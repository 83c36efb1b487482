-- ===== src/Address.antt =====
-- `Address` of incrementalmerkletree/src/lib.rs: the level and the index of a node of the tree.
pub mod Shape
pub mod Containment
pub mod Family
pub mod Descent
pub mod Ancestor
pub mod Incomplete
use Prim.Native.Nat.{Ordering}
use incrementalmerkletree.Prelude.{
  ℕ, zero, suc, ◌+◌, ◌-◌, ◌*◌, ◌^◌, ◌<◌, max, Option, none, some, Bool, true, false, ◌&&◌, ◌||◌,
  ◌⊎◌, inl, inr, if◌then◌else◌, ltb, leb, ◌==◌, u8, u64, shl, shr, leading_zeros, bit_and, bit_xor,
  ◌>>=◌,
}
use incrementalmerkletree.Level.{Level}
use incrementalmerkletree.Level
use incrementalmerkletree.Position.{Position}
use incrementalmerkletree.Position

pub record Address : Type 0 where
  pub level : Level
  pub index : ℕ

-- `core::ops::Range`.
pub record Range : Type 0 where
  pub start : ℕ
  pub end : ℕ

-- The derived `==`.
unfoldable pub address_eq : Address → Address → Bool
address_eq a b = (a.level == b.level) && (a.index == b.index)

unfoldable pub from_position : Position → Address
from_position p = record { level = 0; index = p }

unfoldable pub to_position : Address → Option Position
to_position a = if a.level == 0 then some a.index else none

unfoldable pub above_position : Level → Position → Address
above_position level position = record { level = level; index = shr position level }

unfoldable pub parent : Address → Address
unfolding Level.add shr
parent a = record { level = Level.add a.level 1; index = shr a.index 1 }

unfoldable pub sibling : Address → Address
sibling a = record { level = a.level; index = bit_xor a.index 1 }

-- Level 0 has no children; above it `level - 1` does not underflow.
unfoldable pub children : Address → Option (Address × Address)
unfolding shl
children a =
    if a.level == 0
    then none
    else some (
      record { level = a.level - 1; index = shl a.index 1 },
      record { level = a.level - 1; index = u64 (shl a.index 1 + 1) },
    )

unfoldable pub is_ancestor_of : Address → Address → Bool
is_ancestor_of a addr = ltb addr.level a.level && (shr addr.index (a.level - addr.level) == a.index)

unfoldable pub common_ancestor_of : Address → Address → Address
unfolding Level.add
common_ancestor_of higher lower =
    let lower_ancestor_idx = shr lower.index (higher.level - lower.level) in
    let index_delta = bit_xor higher.index lower_ancestor_idx in
    let level_delta = u8 (64 - leading_zeros index_delta) in
    record {
      level = Level.add higher.level level_delta;
      index = shr (max higher.index lower_ancestor_idx) level_delta;
    }

unfoldable pub common_ancestor : Address → Address → Address
unfolding common_ancestor_of
common_ancestor a other =
    if leb other.level a.level then common_ancestor_of a other else common_ancestor_of other a

unfoldable pub contains : Address → Address → Bool
unfolding address_eq is_ancestor_of
contains a addr = address_eq a addr || is_ancestor_of a addr

unfoldable pub position_range_start : Address → Position
position_range_start a = shl a.index a.level

unfoldable pub position_range_end : Address → Position
position_range_end a = shl (u64 (a.index + 1)) a.level

-- `none` is the panic of the subtraction.
unfoldable pub max_position : Address → Option Position
unfolding position_range_end Position.sub
max_position a = Position.sub (position_range_end a) 1

unfoldable pub position_range : Address → Range
unfolding position_range_start position_range_end
position_range a = record { start = position_range_start a; end = position_range_end a }

-- `Range::contains`.
unfoldable pub in_range : Range → Position → Bool
in_range r p = leb r.start p && ltb p r.end

-- `inl` is `Either::Left`, the ancestor; `inr` the range of indices below.
unfoldable pub context : Address → Level → Address ⊎ Range
context a level =
    if leb a.level level
    then inl (record { level = level; index = shr a.index (level - a.level) })
    else inr (record {
      start = shl a.index (a.level - level);
      end = shl (u64 (a.index + 1)) (a.level - level);
    })

unfoldable pub position_cmp : Address → Position → Ordering
unfolding position_range
position_cmp a pos =
    if ltb pos (position_range a).start
    then Ordering.gt
    else if leb (position_range a).end pos
    then Ordering.lt
    else Ordering.eq

unfoldable pub is_left_child : Address → Bool
is_left_child a = bit_and a.index 1 == 0

unfoldable pub is_right_child : Address → Bool
is_right_child a = bit_and a.index 1 == 1

-- The loop of `current_incomplete`; `none` is the end of the fuel, where the source is
-- `unreachable!`.
unfoldable pub incomplete_from : ℕ → Level → ℕ → Option Address
unfolding shr
incomplete_from zero level index = none
incomplete_from (suc fuel) level index = elim (bit_and index 1 == 1) [
  | true ↦ incomplete_from fuel (u8 (level + 1)) (shr index 1)
  | false ↦ some (record { level = level; index = index })
]

-- 65 rounds: an index of 64 set bits takes 64 shifts and one more test.
unfoldable pub current_incomplete : Address → Option Address
unfolding incomplete_from
current_incomplete a = incomplete_from 65 a.level a.index

unfoldable pub next_incomplete_parent : Address → Option Address
unfolding is_right_child current_incomplete
next_incomplete_parent a =
    if is_right_child a
    then current_incomplete a
    else current_incomplete (record { level = a.level; index = u64 (a.index + 1) })

unfoldable pub next_at_level : Address → Address
next_at_level a = record { level = a.level; index = u64 (a.index + 1) }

------------------------------------------------

● **REQUIRED WORK**: Set down only these lines, exactly: the line containing "then Ordering.lt" and each line after it, through the end of the listing.

● **WRITTEN RESPONSE**:
    then Ordering.lt
    else Ordering.eq

unfoldable pub is_left_child : Address → Bool
is_left_child a = bit_and a.index 1 == 0

unfoldable pub is_right_child : Address → Bool
is_right_child a = bit_and a.index 1 == 1

-- The loop of `current_incomplete`; `none` is the end of the fuel, where the source is
-- `unreachable!`.
unfoldable pub incomplete_from : ℕ → Level → ℕ → Option Address
unfolding shr
incomplete_from zero level index = none
incomplete_from (suc fuel) level index = elim (bit_and index 1 == 1) [
  | true ↦ incomplete_from fuel (u8 (level + 1)) (shr index 1)
  | false ↦ some (record { level = level; index = index })
]

-- 65 rounds: an index of 64 set bits takes 64 shifts and one more test.
unfoldable pub current_incomplete : Address → Option Address
unfolding incomplete_from
current_incomplete a = incomplete_from 65 a.level a.index

unfoldable pub next_incomplete_parent : Address → Option Address
unfolding is_right_child current_incomplete
next_incomplete_parent a =
    if is_right_child a
    then current_incomplete a
    else current_incomplete (record { level = a.level; index = u64 (a.index + 1) })

unfoldable pub next_at_level : Address → Address
next_at_level a = record { level = a.level; index = u64 (a.index + 1) }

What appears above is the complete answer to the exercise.